TB: Thanks guys! We’ll keep putting it on as long as everyone lets us! So, have you noticed any changes in terms of the people attending conventions over the years you’ve been attending them as guests?
Leah: I think there are more young people, more teenagers, more kids, and a lot more girls. The whole cosplay thing has done masses to drag in teens to conventions, but it’s also brought together comic fans, gaming fans, anime fans, steampunk fans.
A convention now is so much more than old guys and one woman dressed as Electra; it’s a much more lively vibe now. More family friendly, less cliquey. You don’t have to be hunting through long boxes for a back issue to enjoy the con.
TB: Which comics are you enjoying at the moment, any all-time favourites?
John: Neither of us is keeping up with the monthlies at all these days, sadly. The most recent books I read are probably Neonomicon and Captain Swing, which are both quite mental in their own way. We both read the Owly book most days as our son is pretty obsessed with them. Comics I’m most likely to pick up from the shelf and read again are the Hellboy Library volumes.

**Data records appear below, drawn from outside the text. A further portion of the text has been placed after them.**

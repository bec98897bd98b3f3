-- ===== src/Orswot/Safety.antt =====
-- The stamps of the versions that are called safe (datacake-crdt/src/orswot.rs).
use Prim.Native.Nat.{bit_or-bitwise}
use datacake.Base.{
  ℕ, zero, suc, ◌≡◌, refl, none, some, List, [], ◌∷◌, if◌then◌else◌, arith, inl, inr, ◌==◌, ==_iff,
  Bool-cases, Option-cases, ◌≤◌, ◌<◌, ◌^◌, get_elem?, ◌-◌,
}
use datacake.Base.Ord.{nat_ord}
use datacake.Base.Assoc.{get}
use datacake.Base.BTreeMap
use datacake.Timestamp.Fields.{
  HlcTimestamp, node, counter, pack, pack_lem, datacake_timestamp, node_lem, fields, as_secs,
}
use datacake.Timestamp.Layout.{datacake_timestamp_lem}
use datacake.Orswot.Observed.{compute_safe_maxes}
use datacake.Orswot.Versions.{
  NodeVersions, first_stamp, seen, min_stamp, safe_stamp, forgiveness_period,
  compute_safe_last_stamp,
}

-- The stamps of a source are filed under their nodes, and fit a word.
abbrev pub Filed : List (ℕ × HlcTimestamp) → Type 0
Filed [] = Unit
Filed ((n, last) ∷ m) = (node last ≡ n) × (last < 2 ^ 64) × Filed m

abbrev pub AllFiled : List (List (ℕ × HlcTimestamp)) → Type 0
AllFiled [] = Unit
AllFiled (stamps ∷ rest) = Filed stamps × AllFiled rest

pub Filed-insert :
    (n : ℕ) (ts : HlcTimestamp) (m : List (ℕ × HlcTimestamp))
    → node ts ≡ n
    → ts < 2 ^ 64
    → Filed m
    → Filed (BTreeMap.insert n ts m)
unfolding BTreeMap.insert
Filed-insert n ts [] e h f = (e, h, tt)
Filed-insert n ts ((j, last) ∷ m) e h f = ground (arith, Filed-insert n ts m e h f.2)

pub get-Filed :
    (n : ℕ) (m : List (ℕ × HlcTimestamp)) (last : HlcTimestamp)
    → Filed m
    → get n m ≡ some last
    → (node last ≡ n) × (last < 2 ^ 64)
unfolding get
get-Filed n [] last f e = cc
get-Filed n ((j, ts) ∷ m) last f e = ground (arith, get-Filed n m last f.2, ==_iff j n)

pub first_stamp_lem : (n : ℕ) → first_stamp n ≡ n
unfolding first_stamp pack
first_stamp_lem n = bit_or-bitwise 0 n

pub node-le : (t : HlcTimestamp) → node t ≤ t
node-le t = omega (arith, node_lem t)

-- The stamp that is an hour earlier is not later.
safe_stamp-le : (m : HlcTimestamp) → m < 2 ^ 64 → safe_stamp m ≤ m
unfolding safe_stamp
safe_stamp-le m h = omega (
  arith,
  fields,
  datacake_timestamp_lem m,
  pack_lem (datacake_timestamp m - forgiveness_period) (counter m) (node m),
)

-- The assertion of `HLCTimestamp::new` holds there.
pub safe_stamp_secs :
    (m : HlcTimestamp) → m < 2 ^ 64 → as_secs (datacake_timestamp m - forgiveness_period) < 2 ^ 32
safe_stamp_secs m h = omega (arith, datacake_timestamp_lem m)

min_stamp-none :
    (n : ℕ) (maxes : List (List (ℕ × HlcTimestamp))) (i : ℕ)
    → min_stamp n maxes ≡ none
    → get_elem? maxes i ≡ none
unfolding min_stamp
min_stamp-none n [] i e = refl
min_stamp-none n (stamps ∷ rest) i e = absurd (ground arith)

min_stamp-le :
    (n : ℕ) (maxes : List (List (ℕ × HlcTimestamp))) (m : HlcTimestamp) (i : ℕ)
    (stamps : List (ℕ × HlcTimestamp))
    → min_stamp n maxes ≡ some m
    → get_elem? maxes i ≡ some stamps
    → m ≤ seen n stamps
unfolding min_stamp
min_stamp-le n [] m i stamps e h = absurd (ground arith)
min_stamp-le n (first ∷ rest) m zero stamps e h = ground arith
min_stamp-le n (first ∷ rest) m (suc i) stamps e h = elim (Option-cases (min_stamp n rest)) [
  | inl none_left ↦ absurd (ground (arith, min_stamp-none n rest i none_left))
  | inr (m', some_left) ↦ ground (arith, min_stamp-le n rest m' i stamps some_left h)
]

seen-lt :
    (n : ℕ) (stamps : List (ℕ × HlcTimestamp)) → n < 2 ^ 8 → Filed stamps → seen n stamps < 2 ^ 64
unfolding seen
seen-lt n stamps b f = elim (Option-cases (get n stamps)) [
  | inl e ↦ ground (arith, first_stamp_lem n)
  | inr (last, e) ↦ ground (arith, get-Filed n stamps last f e)
]

min_stamp-lt :
    (n : ℕ) (maxes : List (List (ℕ × HlcTimestamp))) (m : HlcTimestamp)
    → n < 2 ^ 8
    → AllFiled maxes
    → min_stamp n maxes ≡ some m
    → m < 2 ^ 64
unfolding min_stamp
min_stamp-lt n [] m b f e = absurd (ground arith)
min_stamp-lt n (stamps ∷ rest) m b f e = ground (arith, seen-lt n stamps b f.0)

-- Every safe stamp is at or before what each source has seen of its node.
pub record IsSafe (v : NodeVersions) : Type 0 where
  pub filed : AllFiled v.nodes_max_stamps
  pub safe :
      (n : ℕ) (s : HlcTimestamp) (i : ℕ) (stamps : List (ℕ × HlcTimestamp))
      → get n v.safe_last_stamps ≡ some s
      → get_elem? v.nodes_max_stamps i ≡ some stamps
      → s ≤ seen n stamps

get-compute_safe :
    (n k : ℕ) (v : NodeVersions)
    → get k (compute_safe_last_stamp n v).safe_last_stamps ≡ elim (min_stamp n v.nodes_max_stamps) [
      | none ↦ get k v.safe_last_stamps
      | some m ↦ if n == k then some (safe_stamp m) else get k v.safe_last_stamps
    ]
unfolding compute_safe_last_stamp
get-compute_safe n k v = elim (Option-cases (min_stamp n v.nodes_max_stamps)) [
  | inl e ↦ ground arith
  | inr (m, e) ↦ ground (arith, BTreeMap.get-insert k n (safe_stamp m) v.safe_last_stamps)
]

safe-compute_safe :
    (n : ℕ) (v : NodeVersions) (k : ℕ) (s : HlcTimestamp) (i : ℕ) (stamps : List (ℕ × HlcTimestamp))
    → n < 2 ^ 8
    → IsSafe v
    → get k (compute_safe_last_stamp n v).safe_last_stamps ≡ some s
    → get_elem? v.nodes_max_stamps i ≡ some stamps
    → s ≤ seen k stamps
safe-compute_safe n v k s i stamps b h e f = elim (Option-cases (min_stamp n v.nodes_max_stamps)) [
  | inl none_left ↦ h.safe k s i stamps (ground (arith, get-compute_safe n k v)) f
  | inr (m, some_left) ↦
      let small = min_stamp-lt n v.nodes_max_stamps m b h.filed some_left in
      elim (Bool-cases (n == k)) [
        | inl same ↦ ground (
          arith,
          get-compute_safe n k v,
          (==_iff n k).0 same,
          safe_stamp-le m small,
          min_stamp-le n v.nodes_max_stamps m i stamps some_left f,
        )
        | inr other ↦ h.safe k s i stamps (ground (arith, get-compute_safe n k v)) f
      ]
]

pub compute_safe_last_stamp-IsSafe :
    (n : ℕ) (v : NodeVersions) → n < 2 ^ 8 → IsSafe v → IsSafe (compute_safe_last_stamp n v)
compute_safe_last_stamp-IsSafe n v b h = record {
  filed = rw (compute_safe_maxes n v) h.filed;
  safe = λ k s i stamps e f.
      safe-compute_safe n v k s i stamps b h e (rw (compute_safe_maxes n v) at f);
}

-- Sources that only learn more keep the versions safe.
abbrev pub Grows : List (List (ℕ × HlcTimestamp)) → List (List (ℕ × HlcTimestamp)) → Type 0
Grows maxes maxes' =
    (i : ℕ) (stamps' : List (ℕ × HlcTimestamp))
    → get_elem? maxes' i ≡ some stamps'
    → (stamps : List (ℕ × HlcTimestamp)) × (get_elem? maxes i ≡ some stamps)
      × ((n : ℕ) → seen n stamps ≤ seen n stamps')

pub grow-IsSafe :
    (v : NodeVersions) (maxes' : List (List (ℕ × HlcTimestamp)))
    → AllFiled maxes'
    → Grows v.nodes_max_stamps maxes'
    → IsSafe v
    → IsSafe (record v { nodes_max_stamps = maxes' })
grow-IsSafe v maxes' f g h = record {
  filed = f;
  safe = λ n s i stamps' e e'.
      let (stamps, known, le) = g i stamps' e' in omega (arith, h.safe n s i stamps e known, le n);
}

pub seen-insert :
    (k n : ℕ) (ts : HlcTimestamp) (m : List (ℕ × HlcTimestamp))
    → seen k (BTreeMap.insert n ts m) ≡ (if n == k then ts else seen k m)
unfolding seen
seen-insert k n ts m = ground (arith, BTreeMap.get-insert k n ts m)

pub insert_grows :
    (k n : ℕ) (ts : HlcTimestamp) (m : List (ℕ × HlcTimestamp))
    → seen n m ≤ ts
    → seen k m ≤ seen k (BTreeMap.insert n ts m)
insert_grows k n ts m h = ground (arith, seen-insert k n ts m, ==_iff n k)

I love them!
edit – since we conducted the interview John’s read some more comics, and recommends one of them here.
Leah: I read Erica Moen’s Bucko, and Danielle Corsetto’s GirlsWithSlingshots online too, but, as John says, we haven’t bought actual paper comics in ages. I got Adam Cadwell’s Blood Blokes as the MCM Expo, and I’m looking forward to more of those, but we are rubbish at buying things! The only thing I actively go out of my way to get is anything by the Hernandez Bros. You can never have too much of those guys. I’m happily addicted.
TB: So, if you both had one book to recommend to someone who’d never looked at a comic before to convert them into a lifelong fan, which would you pick?
John: My God, that’s a tough question. Not either of the books I just mentioned! It really depends on the person and what they’re into. Whatever it is, there’s bound to be a comic that’s perfect for them. That’s a bit of a cop-out, isn’t it? But I do think it’s true.
Leah: I would go for something like Bryan Talbot’s Tale of One Bad Rat, just because it’s so clean and expertly done, and heart wrenching and beautiful all at once. Anyone who wasn’t impressed by that would need their head read really.
TB: Finally, thought bubbles or caption boxes?
John: I think we’ve only ever used thought bubbles once and that was in our Alice in Wonderland adaptation. No, wait, we might have used them in some of the DC Thompson pastiche bits in Albion. But, 99.9% of the time its caption boxes for us.
Many thanks to Leah and John for talking to us, we’ll have another Minterview for you next Monday!